Records from a collection:
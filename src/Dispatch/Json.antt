-- ===== src/Dispatch/Json.antt =====
-- A decoded JSON message of src/elke27_lib/dispatcher_loop.py, and what Python's `dict.get`,
-- `isinstance` and `or` say of it.
use text.Mathlib.Text.{◌==◌ as str_eq}
use elke.Base.{
  ℕ, Bool, true, false, not, Option, none, some, List, [], ◌∷◌, String, ◌==◌, if◌then◌else◌,
}
use elke.Dispatch.IntText.{is_int_text}

pub data ℤ : Type 0 where
  pos negsuc : ℕ → ℤ

mutual
  -- A float is its text and whether it is zero.
  pub data Json : Type 0 where
    null : Json
    bool : Bool → Json
    int : ℤ → Json
    float : String → Bool → Json
    str : String → Json
    array : Items → Json
    object : Members → Json

  pub data Items : Type 0 where
    no_items : Items
    item : Json → Items → Items

  -- A dict's items in order.
  pub data Members : Type 0 where
    empty : Members
    member : String → Json → Members → Members

-- `list(d.keys())`
abbrev pub keys : Members → List String
keys empty = []
keys (member k v m) = k ∷ keys m

-- `d.get(k)`, with `None` for a missing key.
abbrev pub get : String → Members → Json
get k empty = null
get k (member j v m) = if str_eq k j then v else get k m

-- `k in d`
abbrev pub has : String → Members → Bool
has k empty = false
has k (member j v m) = if str_eq k j then true else has k m

-- `d[k] = v`
abbrev pub put : String → Json → Members → Members
put k v empty = member k v empty
put k v (member j w m) = if str_eq k j then member k v m else member j w (put k v m)

-- `v` where `isinstance(v, int)`; a bool is an int.
abbrev pub as_int : Json → Option ℤ
as_int (bool true) = some (pos 1)
as_int (bool false) = some (pos 0)
as_int (int z) = some z
as_int _ = none

-- `v` where `isinstance(v, Mapping)`
abbrev pub as_mapping : Json → Option Members
as_mapping (object m) = some m
as_mapping _ = none

abbrev pub is_mapping : Json → Bool
is_mapping (object _) = true
is_mapping _ = false

-- Whether `int(...)` of the code leaves an int: an int, or a text that `int` accepts.
abbrev pub is_code : Json → Bool
is_code (bool _) = true
is_code (int _) = true
is_code (str s) = is_int_text s
is_code _ = false

is_zero : ℤ → Bool
is_zero (pos n) = n == 0
is_zero (negsuc _) = false

-- `bool(v)`
unfoldable pub truthy : Json → Bool
unfolding is_zero
truthy null = false
truthy (bool b) = b
truthy (int z) = not (is_zero z)
truthy (float _ zero) = not zero
truthy (str s) = not (str_eq s "")
truthy (array no_items) = false
truthy (array (item _ _)) = true
truthy (object empty) = false
truthy (object (member _ _ _)) = true

-- `isinstance(v, str) and v`
abbrev pub is_text : Json → Bool
is_text (str s) = not (str_eq s "")
is_text _ = false

-- `type(v).__name__`
abbrev pub type_name : Json → String
type_name null = "NoneType"
type_name (bool _) = "bool"
type_name (int _) = "int"
type_name (float _ _) = "float"
type_name (str _) = "str"
type_name (array _) = "list"
type_name (object _) = "dict"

PROBLEM REQUIREMENTS.
Which lines in the records above contain the word "data"? Copy each one.

RESPONSE FOR THIS EXERCISE.
pub data ℤ : Type 0 where
  pub data Json : Type 0 where
  pub data Items : Type 0 where
  pub data Members : Type 0 where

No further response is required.